• Required work
Give a verbatim repeat of the lines that run from the line containing "profile)) (public_dict profile)" to the end of the data below.
'''
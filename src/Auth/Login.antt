-- ===== src/Auth/Login.antt =====
-- `start_login` and `complete_login` of app/bl/services/auth.py. The random texts, the SHA-256
-- challenge and the request for the tokens are parameters, as is the subtraction of floats.
use network_gateway_api.Prelude.{
  ℕ, Bool, not, ◌&&◌, Option, none, some, String, str_eq, if◌then◌else◌, Outcome, ok, err,
}
use network_gateway_api.Prelude.Int.{Float, pos, dyadic}
use network_gateway_api.Value.{Value, Fields, float, str, get, get_value, field, end, among}
use network_gateway_api.Text.{all_chars}
use network_gateway_api.Identity.{
  AuthenticatedUser, entra, AuthError, http, value_error, unexpected,
}
use network_gateway_api.Auth.Settings.{AuthSettings}
use network_gateway_api.Auth.Numbers.{float_ltb}
use network_gateway_api.Auth.Signed.{Codec, sign, is_ascii}
use network_gateway_api.Auth.Keys.{Cache, discovery}
use network_gateway_api.Auth.Claims.{user_from_claims}
use network_gateway_api.Auth.Token.{verify_token}
use network_gateway_api.Auth.Request.{cookie_secret, empty_default, open_session, user_of_token}

abbrev pub no_login : AuthError
no_login = http 401 "Browser authentication is unavailable."

abbrev pub bad_state : AuthError
bad_state = http 401 "Invalid login state."

abbrev pub not_completed : AuthError
not_completed = http 401 "Sign-in could not be completed."

-- The flow that `start_login` signs
pub record Flow : Type 0 where
  pub state : String
  pub nonce : String
  pub verifier : String
  pub redirect_uri : String
  pub issued_at : Float

abbrev pub ten_minutes : Float
ten_minutes = dyadic (pos 600) 0

abbrev pub text_in : Option Value → Option String
text_in (some (str text)) = some text
text_in _ = none

-- The five reads and the tests of their types; `none` where one of them is not as it must be
module _ (float_of : Value → Option Float) where
  abbrev pub text_at : String → Fields → Option String
  text_at key flow = text_in (get key flow)

  unfoldable pub flow_of : Fields → Option Flow
  unfolding get
  flow_of flow = elim (text_at "state" flow) [
    | none ↦ none
    | some state ↦ elim (text_at "nonce" flow) [
      | none ↦ none
      | some the_nonce ↦ elim (text_at "verifier" flow) [
        | none ↦ none
        | some verifier ↦ elim (text_at "redirect_uri" flow) [
          | none ↦ none
          | some uri ↦ elim (get "iat" flow) [
            | none ↦ none
            | some iat ↦ elim (float_of iat) [
              | none ↦ none
              | some issued ↦ some (record {
                state = state;
                nonce = the_nonce;
                verifier = verifier;
                redirect_uri = uri;
                issued_at = issued;
              })
            ]
          ]
        ]
      ]
    ]
  ]

module _ (codec : Codec) (fetch : String → Option Value)
    (signature_ok : Fields → (header claims signature : String) → Bool) (text_of : Value → String)
    (settings : AuthSettings) (clock : ℕ) (now : Float) (float_of : Value → Option Float)
    (minus : Float → Float → Float) (redeem : (endpoint code : String) → Flow → Option String) where
  -- The payload of `start_login`, if the browser flow is open to this redirect URI
  unfoldable pub start_flow : Flow → Outcome AuthError String
  unfolding sign cookie_secret
  start_flow flow = elim settings.mode [
    | entra ↦
        if among flow.redirect_uri settings.redirect_uris
        then elim (cookie_secret settings) [
          | none ↦ err value_error
          | some secret ↦ ok (
              sign codec
                (field "state" (str flow.state) (
                  field "nonce" (str flow.nonce) (
                    field "verifier" (str flow.verifier) (
                      field "redirect_uri" (str flow.redirect_uri)
                        (field "iat" (float flow.issued_at) end)))))
                secret)
        ]
        else err no_login
    | _ ↦ err no_login
  ]

  -- `hmac.compare_digest` raises for texts that are not ASCII; it is reached for an allowed
  -- redirect URI.
  abbrev pub cannot_compare : Flow → String → Bool
  cannot_compare flow state =
      among flow.redirect_uri settings.redirect_uris
      && not (all_chars is_ascii flow.state && all_chars is_ascii state)

  abbrev pub flow_holds : Flow → String → Bool
  flow_holds flow state =
      among flow.redirect_uri settings.redirect_uris
      && str_eq flow.state state
      && not (float_ltb now flow.issued_at)
      && not (float_ltb ten_minutes (minus now flow.issued_at))

  -- `_unsign` and the reads of the flow
  abbrev pub opened_flow : Option String → Option Flow
  opened_flow cookie =
      elim (open_session codec fetch signature_ok text_of settings clock now cookie
        (cookie_secret settings)) [ none ↦ none | some flow ↦ flow_of float_of flow ]

  -- The exchange of the code for an ID token. A discovery error that is an HTTPException stays.
  unfoldable pub redeem_code : String → Flow → Cache → Outcome AuthError String × Cache
  unfolding discovery get
  redeem_code code flow cache =
      let (found, cache') = discovery fetch clock settings.tenant_id cache in
      elim found [
        | err value_error ↦ (err not_completed, cache')
        | err e ↦ (err e, cache')
        | ok document ↦ elim (get_value "token_endpoint" document) [
          | str endpoint ↦ elim (redeem endpoint code flow) [
            | none ↦ (err not_completed, cache')
            | some token ↦ (ok token, cache')
          ]
          | _ ↦ (err not_completed, cache')
        ]
      ]

  -- With the flow
  unfoldable pub finish_login :
      String → String → Flow → Cache → Outcome AuthError AuthenticatedUser × Cache
  unfolding redeem_code verify_token user_from_claims
  finish_login code state flow cache =
      if cannot_compare flow state
      then (err unexpected, cache)
      else if flow_holds flow state
      then (let (token, cache') = redeem_code code flow cache in
          elim token [
            | err e ↦ (err e, cache')
            | ok id_token ↦ user_of_token codec fetch signature_ok text_of settings clock now (
                verify_token codec fetch signature_ok settings clock now id_token
                  (empty_default settings.client_id) (some flow.nonce) cache')
          ])
      else (err bad_state, cache)

  -- `complete_login`
  unfoldable pub complete_login :
      String → String → Option String → Cache → Outcome AuthError AuthenticatedUser × Cache
  unfolding finish_login
  complete_login code state cookie cache = elim settings.mode [
    | entra ↦ elim (opened_flow cookie) [
      | none ↦ (err bad_state, cache)
      | some flow ↦ finish_login code state flow cache
    ]
    | _ ↦ (err no_login, cache)
  ]
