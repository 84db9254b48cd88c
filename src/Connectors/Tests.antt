-- ===== src/Connectors/Tests.antt =====
-- Profiles and handshakes at concrete inputs.
use network_gateway_api.Prelude.{
  ◌≡◌, refl, Bool, true, false, Option, none, some, List, [], ◌∷◌, ◌++◌, ◌+◌, String, str_eq, ok,
  take, Outcome, drop, arith,
}
use network_gateway_api.Prelude.Int.{ℤ, pos, Float, dyadic}
use network_gateway_api.Value.{Value, Fields, int, str, field, end, get, set, truthy}
use network_gateway_api.Text.{strip, has_part}
use network_gateway_api.Connectors.Checks.{
  Raised, Address, host, port, loopback_host, demo_file_policy, auth_fields, check_credential,
}
use network_gateway_api.Connectors.Profile.{
  Validated, kinds, endpoint, timeout, networks, logins, validate_profile,
}
use network_gateway_api.Connectors.Valid.{IsTestable, validate_profile-IsTestable}
use network_gateway_api.Connectors.Stream.{
  Event, arrived, Wire, receive_exact, exact_loop, receive_until, until_loop, send,
}
use network_gateway_api.Connectors.Stream.Laws.{flat, ArePieces, receive_exact-cut}
use network_gateway_api.Connectors.Deadline.{
  Resource, Deadline, own, close, clients_first, Step, Reach,
}
use network_gateway_api.Connectors.Deadline.Closed.{times, Reach-released}
use network_gateway_api.Connectors.Prompts.{
  read_prompt, prompt_loop, prompt_limit, is_username_prompt, is_label, is_rejection,
}
use network_gateway_api.Connectors.Prompts.Rounds.{read_prompt-enough}
use network_gateway_api.Connectors.HttpConnect.{
  request_line, http_request, http_connect, crlf, split_lines, check_answer, status_of,
}
use network_gateway_api.Connectors.HttpConnect.Peer.{IsHost, target_of, target_of-request_line}
use network_gateway_api.Connectors.Socks.{
  Destination, ipv4, connect_request, method_of, socks5, socks_login, check_reply, bound_length,
}
use network_gateway_api.Connectors.Socks.Sent.{login_bytes, socks5-Sends}
use network_gateway_api.Connectors.Socks.Peer.{request_of, request_of-connect_request}

abbrev profile : Fields
profile = field "protocol" (str "ssh") (
    field "host" (str "localhost") (field "username" (str "ada") (field "password" (str "pw") end)))

abbrev parse_int : String → Option ℤ
parse_int text = none

abbrev float_of : Value → Option Float
float_of value = some (dyadic (pos 5) 0)

abbrev ip : String → Option Address
ip text = none

abbrev is_localhost : String → Bool
is_localhost name = str_eq name "localhost"

abbrev in_demo_storage : Value → Bool
in_demo_storage value = false

abbrev validated : Validated
validated = record {
  device =
      set "network_host" (str "127.0.0.1")
        (set "port" (int (pos 22)) (set "host" (str "localhost") profile));
  connector = field "type" (str "direct") end;
  seconds = dyadic (pos 5) 0;
  protocol = "ssh";
  kind = "direct";
}

validate_profile-IsTestable_example :
    IsTestable parse_int float_of ip is_localhost in_demo_storage true validated
unfolding validate_profile kinds endpoint timeout networks logins host port loopback_host
    demo_file_policy auth_fields check_credential strip has_part get set truthy
validate_profile-IsTestable_example =
    validate_profile-IsTestable parse_int float_of ip is_localhost in_demo_storage profile true
      validated refl

abbrev wire : Wire
wire = record {
  incoming =
      arrived (5 ∷ [])
      ∷ arrived (0 ∷ 5 ∷ 0 ∷ [])
      ∷ arrived (0 ∷ 1 ∷ 0 ∷ 0 ∷ 0 ∷ 0 ∷ 0 ∷ 0 ∷ [])
      ∷ [];
  sent = [];
}

receive_exact-cut_example :
    (rest : List Event) × (receive_exact 3 wire
      ≡ ok (take 3 (flat wire.incoming), record { incoming = rest; sent = wire.sent }))
    × (flat rest ≡ drop 3 (flat wire.incoming))
    × ArePieces rest
receive_exact-cut_example = receive_exact-cut 3 wire tt (omega arith)

abbrev router : Destination
router = ipv4 (10 ∷ 0 ∷ 0 ∷ 1 ∷ [])

abbrev after : Wire
after = record { incoming = []; sent = 5 ∷ 1 ∷ 0 ∷ (connect_request router 22) }

socks5-Sends_example :
    after.sent
    ≡ wire.sent ++ (5 ∷ 1 ∷ method_of none ∷ (login_bytes none ++ connect_request router 22))
unfolding socks5 socks_login check_reply bound_length receive_exact exact_loop
socks5-Sends_example = socks5-Sends none router 22 wire after refl

request_of-connect_request_example : request_of (connect_request router 22) ≡ some (router, 22)
request_of-connect_request_example = request_of-connect_request router 22 refl

target_of-request_line_example :
    target_of (request_line (b':' ∷ b':' ∷ b'1' ∷ []) 8443) ≡ some (b':' ∷ b':' ∷ b'1' ∷ [], 8443)
target_of-request_line_example =
    target_of-request_line (b':' ∷ b':' ∷ b'1' ∷ []) 8443
      (IsHost.address b':' (b':' ∷ b'1' ∷ []) refl refl)

abbrev greeting : Wire
greeting = record {
  incoming = arrived (b'L' ∷ b'o' ∷ b'g' ∷ []) ∷ arrived (b'i' ∷ b'n' ∷ b':' ∷ b' ' ∷ []) ∷ [];
  sent = [];
}

-- A prompt in two chunks.
greeted :
    read_prompt is_username_prompt none greeting
    ≡ ok (
      (b'L' ∷ b'o' ∷ b'g' ∷ b'i' ∷ b'n' ∷ b':' ∷ b' ' ∷ [], none),
      record { incoming = []; sent = [] },
    )
unfolding read_prompt prompt_loop is_label is_rejection
greeted = refl

read_prompt-enough_example :
    prompt_loop is_username_prompt (5 + prompt_limit) 0 none [] greeting
    ≡ read_prompt is_username_prompt none greeting
read_prompt-enough_example = read_prompt-enough is_username_prompt 5 none greeting

abbrev accepting : Wire
accepting = record {
  incoming =
      arrived (
        b'H' ∷ b'T' ∷ b'T' ∷ b'P' ∷ b'/' ∷ b'1' ∷ b'.' ∷ b'1' ∷ []
        ++ b' ' ∷ b'2' ∷ b'0' ∷ b'0' ∷ crlf
        ++ crlf)
      ∷ [];
  sent = [];
}

abbrev opened : Outcome Raised (Unit {0} × Wire)
opened = http_connect (λ bytes. bytes) none (b'a' ∷ []) 22 accepting

tunnelled :
    opened
    ≡ ok (tt, record { incoming = []; sent = http_request (λ bytes. bytes) none (b'a' ∷ []) 22 })
unfolding http_connect receive_until until_loop http_request split_lines check_answer status_of send
tunnelled = refl

-- A socket, and a channel that is owned after the deadline.
abbrev socket : Resource
socket = record { key = 1; is_client = false }

abbrev channel : Resource
channel = record { key = 2; is_client = false }

abbrev both_released : Deadline
both_released = record {
  expired = true;
  is_closed = true;
  resources = [];
  refused = [];
  taken = [] ∷ [];
  released = socket ∷ channel ∷ [];
  owned = socket ∷ channel ∷ [];
}

Reach-both_released : Reach both_released
unfolding own close clients_first
Reach-both_released =
    Reach.next
      (Reach.next
        (Reach.next
          (Reach.next (Reach.next (Reach.next Reach.here (Step.owns socket)) Step.expires)
            Step.closes)
          (Step.owns channel))
        (Step.releases socket [] [] [] refl))
      (Step.refuses channel [] [] refl)

Reach-released_example : times 2 both_released.released ≡ times 2 both_released.owned
Reach-released_example =
    Reach-released Reach-both_released refl (record { refused = refl; taken = λ key. refl }) 2
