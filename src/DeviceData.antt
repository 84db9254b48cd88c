-- ===== src/DeviceData.antt =====
-- The simulated device and the service for its data: app/dal/device/fake_client.py and
-- app/bl/services/device_data.py.
pub mod Simulation
pub mod Simulated
pub mod Inventory
pub mod Client
pub mod Service
pub mod Stored
pub mod Attempts
pub mod Access
pub mod Tests
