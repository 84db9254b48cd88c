-- ===== src/Inventory/Rows.antt =====
-- The tables of app/dal/db/storage.py for the inventory, and how app/dal/db/store.py puts a stored
-- profile together.
use network_gateway_api.Prelude.{ℕ, Option, none, some, List, String, if◌then◌else◌}
use network_gateway_api.Prelude.Int.{pos}
use network_gateway_api.Value.{
  Value, Fields, null, bool, int, str, dict, field, end, get, set, merge, pop, truthy_at, truthy,
  get_value, has,
}
use network_gateway_api.Secrets.{public_dict}
use network_gateway_api.Secrets.Vault.{Vault}
use network_gateway_api.Storage.Errors.{not_found, cannot_decrypt}
use network_gateway_api.Storage.Tables.{find}
use network_gateway_api.Storage.Transaction.{Tx, pure, or_raise, ◌>>=◌}

pub record RoleAccount : Type 0 where
  pub id : String
  pub name : String
  pub username : String
  pub authentication_type : String
  pub secrets : String

pub record Proxy : Type 0 where
  pub id : String
  pub name : String
  pub kind : String
  pub host : String
  pub port : ℕ
  pub role_account_id : Option String
  pub configuration : Fields
  pub secrets : String

pub record Connection : Type 0 where
  pub id : String
  pub name : String
  pub protocol : String
  pub host : String
  pub port : ℕ
  pub timeout_seconds : Value
  pub role_account_id : Option String
  pub proxy_id : Option String
  pub configuration : Fields
  pub secrets : String

pub record Inventory : Type 0 where
  pub roles : List RoleAccount
  pub proxies : List Proxy
  pub connections : List Connection

abbrev pub role_key : RoleAccount → String
role_key role = role.id

abbrev pub proxy_key : Proxy → String
proxy_key proxy = proxy.id

abbrev pub connection_key : Connection → String
connection_key connection = connection.id

abbrev pub or_null : Option String → Value
or_null none = null
or_null (some s) = str s

-- The columns of a row without `secrets` and `configuration`
abbrev pub role_columns : RoleAccount → Fields
role_columns row = field "id" (str row.id) (
    field "name" (str row.name) (
      field "username" (str row.username)
        (field "authentication_type" (str row.authentication_type) end)))

abbrev pub proxy_columns : Proxy → Fields
proxy_columns row = field "id" (str row.id) (
    field "name" (str row.name) (
      field "type" (str row.kind) (
        field "host" (str row.host) (
          field "port" (int (pos row.port))
            (field "role_account_id" (or_null row.role_account_id) end)))))

abbrev pub connection_columns : Connection → Fields
connection_columns row = field "id" (str row.id) (
    field "name" (str row.name) (
      field "protocol" (str row.protocol) (
        field "host" (str row.host) (
          field "port" (int (pos row.port)) (
            field "timeout_seconds" row.timeout_seconds (
              field "role_account_id" (or_null row.role_account_id)
                (field "proxy_id" (or_null row.proxy_id) end)))))))

abbrev pub dict_or_empty : Option Value → Fields
dict_or_empty (some (dict fields)) = fields
dict_or_empty _ = end

abbrev with_connector_secrets : Fields → Fields → Fields
with_connector_secrets end profile = profile
with_connector_secrets secrets profile =
    set "connector" (dict (merge (dict_or_empty (get "connector" profile)) secrets)) profile

-- `_stored_profile`, with the columns, the configuration and the opened secrets
unfoldable pub stored : Fields → Fields → Fields → Fields
unfolding get merge pop set
stored columns configuration secrets =
    with_connector_secrets (dict_or_empty (get "connector" secrets))
      (merge (merge columns configuration) (pop "connector" secrets))

-- `profile.setdefault(key, value)`
abbrev pub set_default : String → Value → Fields → Fields
set_default key value profile = if has key profile then profile else set key value profile

module _ (vault : Vault Fields) where
  abbrev pub opened : String → Tx Inventory Fields
  opened secrets db = or_raise cannot_decrypt (vault.decrypt secrets) db

  abbrev pub role_row : String → Tx Inventory RoleAccount
  role_row id db = or_raise not_found (find role_key id db.roles) db

  abbrev pub proxy_row : String → Tx Inventory Proxy
  proxy_row id db = or_raise not_found (find proxy_key id db.proxies) db

  abbrev pub connection_row : String → Tx Inventory Connection
  connection_row id db = or_raise not_found (find connection_key id db.connections) db

  abbrev pub stored_proxy : Proxy → Tx Inventory Fields
  stored_proxy row = do
    secrets ← opened row.secrets
    pure (stored (proxy_columns row) row.configuration secrets)

  abbrev pub stored_connection : Connection → Tx Inventory Fields
  stored_connection row = do
    secrets ← opened row.secrets
    pure (stored (connection_columns row) row.configuration secrets)

  -- `_role_credentials`
  unfoldable pub role_credentials : String → Tx Inventory Fields
  unfolding find merge
  role_credentials id = do
    role ← role_row id
    secrets ← opened role.secrets
    pure (
        merge
          (field "username" (str role.username)
            (field "authentication_type" (str role.authentication_type) end))
          secrets)

  -- The credentials of the role account that a profile names, if it names one
  unfoldable pub with_role : Fields → Tx Inventory Fields
  unfolding role_credentials get truthy merge
  with_role profile = elim (get_value "role_account_id" profile) [
    | str id ↦
        if truthy_at "role_account_id" profile
        then (role_credentials id >>= λ login. pure (merge profile login))
        else pure profile
    | _ ↦ pure profile
  ]

  -- `_resolve_proxy`
  unfoldable pub resolve_proxy : Proxy → Tx Inventory Fields
  unfolding stored with_role
  resolve_proxy row = stored_proxy row >>= with_role

  -- The connector that a profile's proxy stands for
  unfoldable pub with_proxy : Fields → Tx Inventory Fields
  unfolding resolve_proxy find get set truthy
  with_proxy profile = elim (get_value "proxy_id" profile) [
    | str id ↦
        if truthy_at "proxy_id" profile
        then (proxy_row id >>= λ row.
            resolve_proxy row >>= λ proxy. pure (set "connector" (dict proxy) profile))
        else pure profile
    | _ ↦ pure profile
  ]

  -- `_resolve_connection`
  unfoldable pub resolve_connection : String → Tx Inventory Fields
  unfolding find stored with_role with_proxy set get
  resolve_connection id = do
    row ← connection_row id
    profile ← stored_connection row
    login ← with_role (set_default "client_type" (str "network") profile)
    resolved ← with_proxy login
    pure (set_default "connector" (dict (field "type" (str "direct") end)) resolved)

-- `_public_runtime` of a connector, which has no connector of its own
abbrev pub public_connector : Fields → Fields
public_connector profile =
    set "password_configured" (bool (truthy_at "password" profile)) (public_dict profile)

-- `_public_runtime`
unfoldable pub public_runtime : Fields → Fields
unfolding public_dict set get truthy
public_runtime profile =
    let result = public_connector profile in
    elim (get "connector" profile) [
      | some (dict connector) ↦ set "connector" (dict (public_connector connector)) result
      | _ ↦ result
    ]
'''
• Output
    set "password_configured" (bool (truthy_at "password" profile)) (public_dict profile)

-- `_public_runtime`
unfoldable pub public_runtime : Fields → Fields
unfolding public_dict set get truthy
public_runtime profile =
    let result = public_connector profile in
    elim (get "connector" profile) [
      | some (dict connector) ↦ set "connector" (dict (public_connector connector)) result
      | _ ↦ result
    ]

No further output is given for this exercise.